──────── DATA ────────
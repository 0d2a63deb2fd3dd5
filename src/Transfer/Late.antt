-- ===== src/Transfer/Late.antt =====
-- A failure of the session that `poll` of src/file_transfer.rs reads together with the reply before it.
use marlin_binary_transfer.Common.{
  ℕ, ◌≡◌, refl, none, some, List, [], ◌∷◌, ◌++◌, All, Bytes, ap, Bool, true, false, Checked, panic,
  assert, ◌>>◌,
}
use marlin_binary_transfer.Session.State.{Event, ack, fatal_error}
use marlin_binary_transfer.Transfer.State.{
  FileEvent, State, FileTransfer, fail, session_fatal_error,
}
use marlin_binary_transfer.Transfer.Operations.{
  handle_session_event, drain_events, pop_event, poll, is_opened, write, close,
}
use marlin_binary_transfer.Transfer.Invariant.{IsConsistent}
use marlin_binary_transfer.Transfer.Answers.{unanswered, last_answer, IsAwaiting, IsQuiet, meaning}
use marlin_binary_transfer.Transfer.Drain.{AnsweredFirst, drain_events-AnsweredFirst}

-- The outcome of `poll` on the drained transfer.
record FailedBehind (after : FileTransfer) (event : FileEvent) : Type 0 where
  pub state : after.state ≡ State.failed
  pub out_events : after.out_events ≡ event ∷ (FileEvent.failed session_fatal_error ∷ [])

failed_next :
    (ft : FileTransfer) (event : FileEvent)
    → ft.out_events ≡ event ∷ []
    → FailedBehind (drain_events (fatal_error ∷ []) ft) event
unfolding drain_events handle_session_event fail
failed_next ft event e = record { state = refl; out_events = rw e }

failed_behind :
    (ft result : FileTransfer) (events : List Event)
    → ft.pending_ascii ≡ none
    → ft.out_events ≡ []
    → AnsweredFirst ft.out_events
        (fatal_error ∷ [])
        result
        (last_answer ft.state (meaning ft.state ft.pending_ascii) events)
    → FailedBehind result (last_answer ft.state (unanswered ft.state) events)
failed_behind ft result events e f a =
    let b : AnsweredFirst [] (fatal_error ∷ []) result
        (last_answer ft.state (unanswered ft.state) events) =
      rw (e, f) at a in
    rw b.goes_on (failed_next b.between _ b.answered.out_events)

queued :
    (ft : FileTransfer) (queue events : List Event) (event : FileEvent)
    → queue ≡ events
    → FailedBehind (drain_events events ft) event
    → FailedBehind (drain_events queue ft) event
queued ft queue events event e a = rw e a

popped :
    (after : FileTransfer) (event : FileEvent)
    → FailedBehind after event
    → ((pop_event after.out_events after).1 ≡ some event)
      × ((pop_event after.out_events after).0.state ≡ State.failed)
unfolding pop_event
popped after event a = rw a.out_events (refl, a.state)

refused : (test : Bool) (m : Checked FileTransfer) → test ≡ false → (assert test >> m) ≡ panic
refused false m e = refl
refused true m e = cc

write_refused :
    (ft : FileTransfer) (chunk : Bytes) (now : ℕ)
    → ft.state ≡ State.failed
    → write ft chunk now ≡ panic
unfolding write
write_refused ft chunk now e = refused _ _ (ap is_opened e)

close_refused : (ft : FileTransfer) (now : ℕ) → ft.state ≡ State.failed → close ft now ≡ panic
unfolding close
close_refused ft now e = refused _ _ (ap is_opened e)

-- A consistent transfer (as every one is that a program can reach) with an OPEN, WRITE, CLOSE or ABORT
-- under way, no line pending and no event waiting, whose session holds any number of lines, resend
-- requests and handshakes, then an acknowledgement, and behind it the device's fatal error. `poll`
-- returns the event of the request as if nothing had failed, but the transfer has failed already, and
-- `write` and `close` on it panic.
pub poll_failed_behind :
    (ft : FileTransfer) (events : List Event) (n : ℕ) (chunk : Bytes) (now : ℕ)
    → IsConsistent ft
    → IsAwaiting ft.state
    → All IsQuiet events
    → ft.pending_ascii ≡ none
    → ft.out_events ≡ []
    → ft.session.events ≡ events ++ ack n ∷ (fatal_error ∷ [])
    → ((poll ft).1 ≡ some (last_answer ft.state (unanswered ft.state) events))
      × ((poll ft).0.state ≡ State.failed)
      × (write (poll ft).0 chunk now ≡ panic)
      × (close (poll ft).0 now ≡ panic)
unfolding poll
poll_failed_behind ft events n chunk now v h q none_pending no_event e =
    let (returned, state) = popped _ _ (
      queued ft ft.session.events (events ++ ack n ∷ (fatal_error ∷ [])) _ e (
        failed_behind ft _ events none_pending no_event
          (drain_events-AnsweredFirst events (fatal_error ∷ []) n ft v h q))) in
    (returned, state, write_refused _ chunk now state, close_refused _ now state)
────────
When a line in the data contains the string "record", copy that line.

• SOLUTION TO THIS PROBLEM:
record FailedBehind (after : FileTransfer) (event : FileEvent) : Type 0 where
failed_next ft event e = record { state = refl; out_events = rw e }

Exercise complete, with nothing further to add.